# longevity question



## rufus1138 (Oct 29, 2012)

i was wondering about the general life expectancy of these rotomolded yaks. anyone had enough time to fish one out? just wondering what im looking at for a future here, this is barring any puncture holes, just normal careful use.


----------



## captken (Feb 24, 2008)

*Sun is a big enemy.*

Keep it indoors or covered and it will last a long time. Compare a yak to a plastic garbage can. A yak is just an expensive, strange looking garbage can.

Plastic garbage cans kept in doors last a mighty long time. Those in full sun, not so long.


----------



## rufus1138 (Oct 29, 2012)

well damn lol, i cant keep it inside all the time but ill make sure and get a tarp to cover them on my deck asap.


----------



## Night Wing (May 16, 2011)

I own and kayak fish out of a 2004 year made Ocean Kayak "Scupper Pro TW". It's always been garage kept for storage. Once in the Spring and once in the Fall, I wiped it down, top, sides and bottom, with 303 Protectant.

It still looks great after hundreds of kayak fishing trips and the plastic is not brittle. 

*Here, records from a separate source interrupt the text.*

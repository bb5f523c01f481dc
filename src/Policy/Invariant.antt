-- ===== src/Policy/Invariant.antt =====
-- qmanager/policies: the scheduling loops keep the invariants of the queue.
use Prim.Native.String.{String}
use flux_sched.Common.{
  ℕ, ◌+◌, ◌≡◌, refl, ◌<◌, true, Bool, not, ◌&&◌, Option, some, arith, sym, subst, ◌∙◌, if_intro,
}
use flux_sched.OrdMap.{nat_key, find}
use flux_sched.OrdMap.Find.{find-nil, find-absorb}
use flux_sched.OrdMap.Order.{absorb-IsSorted}
use flux_sched.Queue.Job.{Job, PendingKey, get_key, is_pending, pending_key, u64_mod}
use flux_sched.Queue.State.{Queue}
use flux_sched.Queue.Pending.{write_job}
use flux_sched.Queue.Provisional.{set_sched_loop_active}
use flux_sched.Queue.Running.{to_running, to_rejected}
use flux_sched.Queue.Frame.{end_sched_loop-Frame}
use flux_sched.Queue.Ledger.Add.{cong_lem, merge_pb, swap_bv}
use flux_sched.Queue.Invariant.Steps.{
  SamePending, same-IsValid, touch-IsValid, found_written, own_id,
}
use flux_sched.Queue.Invariant.Provisional.{set_sched_loop_active-IsValid}
use flux_sched.Queue.Invariant.Running.{
  IsCounted, Frame-IsCounted, started_queue-IsValid, rejected_queue-IsValid,
  started_queue-IsCounted, rejected_queue-IsCounted, to_running_lem, to_rejected_lem,
}
use flux_sched.Queue.Invariant.Remove.{IsSound}
use flux_sched.Policy.Backfill.{take_provisional}

-- The two queues agree on all that the invariants read.
pub record SameQueue (q q' : Queue) : Type 0 where
  pub pending : SamePending q q'
  pub running : q'.running ≡ q.running
  pub alloced : q'.alloced ≡ q.alloced
  pub rejected : q'.rejected ≡ q.rejected
  pub rq_cnt : q'.rq_cnt ≡ q.rq_cnt
  pub dq_cnt : q'.dq_cnt ≡ q.dq_cnt

pub same-IsSound : {q : Queue} (q' : Queue) → SameQueue q q' → IsSound q → IsSound q'
same-IsSound q' e s = record {
  valid = same-IsValid q' e.pending s.valid;
  counted = record {
    running_lt = rw (e.running, e.rq_cnt) s.counted.running_lt;
    alloced_lt = rw (e.alloced, e.rq_cnt) s.counted.alloced_lt;
    rejected_lt = rw (e.rejected, e.dq_cnt) s.counted.rejected_lt;
  };
}

begun : (active : Bool) (q : Queue) → SameQueue q (record q { sched_loop_active = active })
begun active q = record {
  pending = record { p = refl; b = refl; v = refl; jobs = refl; n = refl };
  running = refl;
  alloced = refl;
  rejected = refl;
  rq_cnt = refl;
  dq_cnt = refl;
}

pub set_sched_loop_active-IsSound :
    {q : Queue} (active : Bool) → IsSound q → IsSound (set_sched_loop_active active q).0
unfolding set_sched_loop_active
set_sched_loop_active-IsSound {q} active s = record {
  valid = set_sched_loop_active-IsValid active s.valid;
  counted =
      if_intro (λ (r : Queue × ℕ). IsCounted r.0) (q.sched_loop_active && not active)
        (λ _.
          Frame-IsCounted (end_sched_loop-Frame (record q { sched_loop_active = active })) start)
        (λ _. start);
}
  where
    start : IsCounted (record q { sched_loop_active = active })
    start = (same-IsSound _ (begun active q) s).counted

-- The provisional jobs join the pending ones.
pub take_provisional-IsSound : {q : Queue} → IsSound q → IsSound (take_provisional q)
take_provisional-IsSound {q} s = record {
  valid = record {
    ledger =
        cong_lem (λ k. find-absorb k q.pending q.pending_provisional) (λ k. refl) (λ k. find-nil k)
          (λ i. refl) (swap_bv (merge_pb (swap_bv s.valid.ledger)));
    sorted_p = absorb-IsSorted q.pending q.pending_provisional s.valid.sorted_p;
    sorted_b = s.valid.sorted_b;
    sorted_v = tt;
  };
  counted = record {
    running_lt = s.counted.running_lt;
    alloced_lt = s.counted.alloced_lt;
    rejected_lt = s.counted.rejected_lt;
  };
}

-- The schedule of the job at an entry of `m_pending` is written.
pub write_job-IsSound :
    {q : Queue} (id : ℕ) (j j' : Job) (k : PendingKey)
    → find k q.pending ≡ some id
    → find id q.jobs ≡ some j
    → j'.id ≡ j.id
    → j'.state ≡ j.state
    → get_key j' ≡ get_key j
    → IsSound q
    → IsSound (write_job j.id j' q)
      × (find id (write_job j.id j' q).jobs ≡ some j')
      × (find k (write_job j.id j' q).pending ≡ some id)
unfolding write_job
write_job-IsSound {q} id j j' k listed found e st g s =
    let own = own_id s.valid id j found in
    let (j1, e1, pend, g1) = s.valid.ledger.listed_p k id listed in
    let same_job : j1 ≡ j = ground (arith, e1, found) in
    (
      record {
        valid =
            touch-IsValid s.valid j.id j j' own
              (subst (λ x. is_pending x.state ≡ true) same_job pend) e st g;
        counted = record {
          running_lt = s.counted.running_lt;
          alloced_lt = s.counted.alloced_lt;
          rejected_lt = s.counted.rejected_lt;
        };
      },
      subst (λ i. find i (write_job j.id j' q).jobs ≡ some j') (e ∙ s.valid.ledger.ids id j found)
          (found_written s.valid j.id j j' own e),
      listed,
    )

-- A pending job starts, and the state is sound.
pub to_running-IsSound :
    {q : Queue} (k : PendingKey) (id : ℕ) (j : Job)
    → find k q.pending ≡ some id
    → find id q.jobs ≡ some j
    → q.rq_cnt + 1 < u64_mod
    → IsSound q
    → IsSound (to_running k true q).0
to_running-IsSound {q} k id j listed found small s =
    subst (λ (r : Queue × Option PendingKey). IsSound r.0)
      (sym (to_running_lem q k id j s.counted listed found))
      (record {
        valid = started_queue-IsValid s.valid k id j listed found;
        counted = started_queue-IsCounted k j s.counted small;
      })

pub to_rejected-IsSound :
    {q : Queue} (k : PendingKey) (note : String) (id : ℕ) (j : Job)
    → find k q.pending ≡ some id
    → find id q.jobs ≡ some j
    → q.dq_cnt + 1 < u64_mod
    → IsSound q
    → IsSound (to_rejected k note q).0
to_rejected-IsSound {q} k note id j listed found small s =
    subst (λ (r : Queue × Option PendingKey). IsSound r.0)
      (sym (to_rejected_lem q k note id j s.counted listed found))
      (record {
        valid = rejected_queue-IsValid s.valid k id j listed found note;
        counted = rejected_queue-IsCounted k note j s.counted small;
      })

-- The job behind an entry of `m_pending`.
pub job_of_entry :
    {q : Queue}
    → IsSound q
    → (k : PendingKey) (id : ℕ) → find k q.pending ≡ some id
    → (j : Job) × (find id q.jobs ≡ some j)
job_of_entry s k id e = let (j, found, pend, g) = s.valid.ledger.listed_p k id e in (j, found)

http://www.303products.com/protectant/303r-aerospace-protectant-32oz.html


----------



## PBTH (Oct 1, 2007)

I had my old Tarpon 160 for 12 years and it was still as sturdy as could be when I sold it. I kept it outside, under a shed. Keep it out of direct sunlight and it will last.


----------



## rufus1138 (Oct 29, 2012)

k, i hope tarps will save some time, but if i get a good 5 yrs out of them ill be happy too, just buy a new hull and swap all my gear over.


----------



## southern yakker (Jun 25, 2012)

I have a cheap pelican right now and I store it outside with no cover or protecting and its still in good condition.well for being a pelican.


----------



## Flatspro (Oct 3, 2007)

I am in my 3rd year with my 2011 Hobie Outback and have put it through hell and back and still looks great.


----------